TASK REQUIREMENTS: Every line that holds the word "when" needs to be copied from the data below.

[Saved entries]
"""
-- ===== src/Evidence/What/Coheres.antt =====
-- `what_clearance` of review_result.py: when a status is established.
use sdlc.Base.{
  String, ◌≡◌, refl, ap, ◌∙◌, ◌↔◌, ◌⊎◌, inl, inr, Bool, true, false, not, ◌&&◌, Option, none, some,
  List, [], ◌∷◌, arith, same_text, same_text_iff, Bool-cases, eq_iff, eq_refl,
}
use sdlc.Evidence.{
  ProcessResult, ReviewResult, ReviewedReworkResponse, WhatStatus, incoherent, unknown, established,
}
use sdlc.Evidence.What.{
  has_question_evidence, process_rework_bound, process_resolution_bound, review_rework_bound,
  review_resolution_bound, same_texts, same_questions, same_flag, same_response, same_responses,
  brief_identity, expected_responses, rework_coheres, resolution_coheres, clearance_of,
  what_clearance,
}

first_true : (a b : Bool) → (a && b) ≡ true → a ≡ true
first_true true b h = refl
first_true false b h = h

second_true : (a b : Bool) → (a && b) ≡ true → b ≡ true
second_true true b h = h
second_true false b h = cc

not-true : (b : Bool) → not b ≡ true → b ≡ false
not-true true h = cc
not-true false h = refl

same_texts-path : (xs ys : List String) → same_texts xs ys ≡ true → xs ≡ ys
same_texts-path [] [] h = refl
same_texts-path [] (y ∷ ys) h = cc
same_texts-path (x ∷ xs) [] h = cc
same_texts-path (x ∷ xs) (y ∷ ys) h =
    let head = (eq_iff x y).0 (ground arith) in
    let tail = same_texts-path xs ys (ground arith) in (λ i. head i ∷ tail i)

same_questions-path : (a b : Option (List String)) → same_questions a b ≡ true → a ≡ b
same_questions-path none none h = refl
same_questions-path none (some b) h = cc
same_questions-path (some a) none h = cc
same_questions-path (some a) (some b) h = ap some (same_texts-path a b h)

same_flag-path : (a b : Bool) → same_flag a b ≡ true → a ≡ b
same_flag-path true b h = ground arith
same_flag-path false true h = cc
same_flag-path false false h = refl

same_response-path : (a b : ReviewedReworkResponse) → same_response a b ≡ true → a ≡ b
same_response-path a b h =
    let item = (eq_iff a.response.item b.response.item).0 (ground arith) in
    let answer = (eq_iff a.response.answer b.response.answer).0 (ground arith) in
    let flag = same_flag-path a.blocks_what b.blocks_what (ground arith) in
    (λ i. record { response = record { item = item i; answer = answer i }; blocks_what = flag i })

same_responses-path : (xs ys : List ReviewedReworkResponse) → same_responses xs ys ≡ true → xs ≡ ys
same_responses-path [] [] h = refl
same_responses-path [] (y ∷ ys) h = cc
same_responses-path (x ∷ xs) [] h = cc
same_responses-path (x ∷ xs) (y ∷ ys) h =
    let head = same_response-path x y (ground arith) in
    let tail = same_responses-path xs ys (ground arith) in (λ i. head i ∷ tail i)

same_texts_refl : (xs : List String) → same_texts xs xs ≡ true
same_texts_refl [] = refl
same_texts_refl (x ∷ xs) = rw (eq_refl x, same_texts_refl xs) refl

same_questions_refl : (a : Option (List String)) → same_questions a a ≡ true
same_questions_refl none = refl
same_questions_refl (some a) = same_texts_refl a

same_flag_refl : (b : Bool) → same_flag b b ≡ true
same_flag_refl true = refl
same_flag_refl false = refl

same_responses_refl : (xs : List ReviewedReworkResponse) → same_responses xs xs ≡ true
same_responses_refl [] = refl
same_responses_refl (x ∷ xs) =
    rw
      (
        eq_refl x.response.item,
        eq_refl x.response.answer,
        same_flag_refl x.blocks_what,
        same_responses_refl xs,
      )
      refl

module _ (review : ReviewResult) (process : ProcessResult) where
  -- The review verified the rework responses of the process, or neither records any.
  abbrev pub ReworkCoheres : Type 0
  ReworkCoheres =
      (review_rework_bound review ≡ true)
        × (review.reviewed_brief_identity ≡ brief_identity process.rework_brief)
        × (review.reviewed_rework_responses
            ≡ expected_responses process.rework_brief process.rework_responses)
      ⊎ (review_rework_bound review ≡ false) × (process_rework_bound process ≡ false)

  pub record Coheres (status : WhatStatus) : Type 0 where
    pub has_status : review.what_status ≡ some status
    pub recorded : has_question_evidence process ≡ true
    pub questions : review.reviewed_product_questions ≡ process.product_questions
    pub rework : ReworkCoheres
    pub versions :
        (process_resolution_bound process && not (review_resolution_bound review)) ≡ false
    pub resolutions : review.reviewed_resolutions ≡ process.resolutions
    pub policy : review.reviewed_autonomy_policy ≡ process.autonomy_policy

  rework_coheres-ReworkCoheres : rework_coheres review process ≡ true → ReworkCoheres
  unfolding rework_coheres
  rework_coheres-ReworkCoheres h = elim (Bool-cases (review_rework_bound review)) [
    | inl bound ↦
        let both : (same_text review.reviewed_brief_identity (brief_identity process.rework_brief)
              && same_responses review.reviewed_rework_responses
                  (expected_responses process.rework_brief process.rework_responses))
            ≡ true =
          rw bound at h in
        inl (
          bound,
          (same_text_iff review.reviewed_brief_identity (brief_identity process.rework_brief)).0
              (first_true _ _ both),
          same_responses-path review.reviewed_rework_responses
              (expected_responses process.rework_brief process.rework_responses)
              (second_true _ _ both),
        )
    | inr unbound ↦ inr (unbound, not-true _ (rw unbound at h))
  ]

  ReworkCoheres-true : ReworkCoheres → rework_coheres review process ≡ true
  unfolding rework_coheres
  ReworkCoheres-true (inl (bound, identity, responses)) =
      rw
        (
          bound,
          identity,
          responses,
          (same_text_iff (brief_identity process.rework_brief)
                (brief_identity process.rework_brief)).1
              refl,
          same_responses_refl (expected_responses process.rework_brief process.rework_responses),
        )
        refl
  ReworkCoheres-true (inr (unbound, nothing)) = rw (unbound, nothing) refl

  abbrev agrees : Bool
  unfolding has_question_evidence rework_coheres resolution_coheres
  agrees =
      has_question_evidence process
      && (same_questions review.reviewed_product_questions process.product_questions
          && (rework_coheres review process && resolution_coheres review process))

  agrees-Coheres :
      (status : WhatStatus) → review.what_status ≡ some status → agrees ≡ true → Coheres status
  unfolding resolution_coheres agrees
  agrees-Coheres status has h =
      let (recorded, h₁) = parts (has_question_evidence process) _ h in
      let (questions, h₂) =
        parts (same_questions review.reviewed_product_questions process.product_questions) _ h₁ in
      let (rework, resolved) = parts (rework_coheres review process) _ h₂ in
      let (versions, h₃) =
        parts (not (process_resolution_bound process && not (review_resolution_bound review))) _
          resolved in
      let (texts, policy) =
        parts (same_texts review.reviewed_resolutions process.resolutions) _ h₃ in
      record {
        has_status = has;
        recorded = recorded;
        questions =
            same_questions-path review.reviewed_product_questions process.product_questions
              questions;
        rework = rework_coheres-ReworkCoheres rework;
        versions = not-true _ versions;
        resolutions = same_texts-path review.reviewed_resolutions process.resolutions texts;
        policy = (same_text_iff review.reviewed_autonomy_policy process.autonomy_policy).0 policy;
      }
    where
      parts : (a b : Bool) → (a && b) ≡ true → (a ≡ true) × (b ≡ true)
      parts a b e = (first_true a b e, second_true a b e)

  Coheres-agrees : (status : WhatStatus) → Coheres status → agrees ≡ true
  unfolding resolution_coheres agrees
  Coheres-agrees status c =
      rw
        (
          c.recorded,
          c.questions,
          same_questions_refl process.product_questions,
          ReworkCoheres-true c.rework,
          c.versions,
          c.resolutions,
          same_texts_refl process.resolutions,
          c.policy,
        )
        ((same_text_iff process.autonomy_policy process.autonomy_policy).1 refl)

  established-Coheres :
      (status : WhatStatus) (found : Option WhatStatus)
      → review.what_status ≡ found
      → clearance_of found review process ≡ established status
      → Coheres status
  unfolding clearance_of
  established-Coheres status none has h = elim (Bool-cases (has_question_evidence process)) [
    | inl recorded ↦ absurd (no_status (rw recorded at h))
    | inr unrecorded ↦ absurd (unknown_status (rw unrecorded at h))
  ]
    where
      no_status : incoherent ≡ established status → ⊥
      no_status e = cc

      unknown_status : unknown ≡ established status → ⊥
      unknown_status e = cc
  established-Coheres status (some found) has h = elim (Bool-cases agrees) [
    | inl agree ↦ agrees-Coheres status (has ∙ ap some (same_status (rw agree at h))) agree
    | inr differ ↦ absurd (no_status (rw differ at h))
  ]
    where
      same_status : established found ≡ established status → found ≡ status
      same_status e = ground arith

      no_status : incoherent ≡ established status → ⊥
      no_status e = cc

  -- A status is established exactly when the review has it, the Process Result recorded its product
  -- questions, and the review verified exactly these questions, the rework responses with what they
  -- block, and the resolutions under the same policy.
  pub what_clearance-exact :
      (status : WhatStatus) → (what_clearance review process ≡ established status) ↔ Coheres status
  unfolding what_clearance clearance_of
  what_clearance-exact status = (
    λ h. established-Coheres status review.what_status refl h,
    λ c. rw (c.has_status, Coheres-agrees status c) refl,
  )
"""
EXERCISE OUTPUT:
-- `what_clearance` of review_result.py: when a status is established.
  -- A status is established exactly when the review has it, the Process Result recorded its product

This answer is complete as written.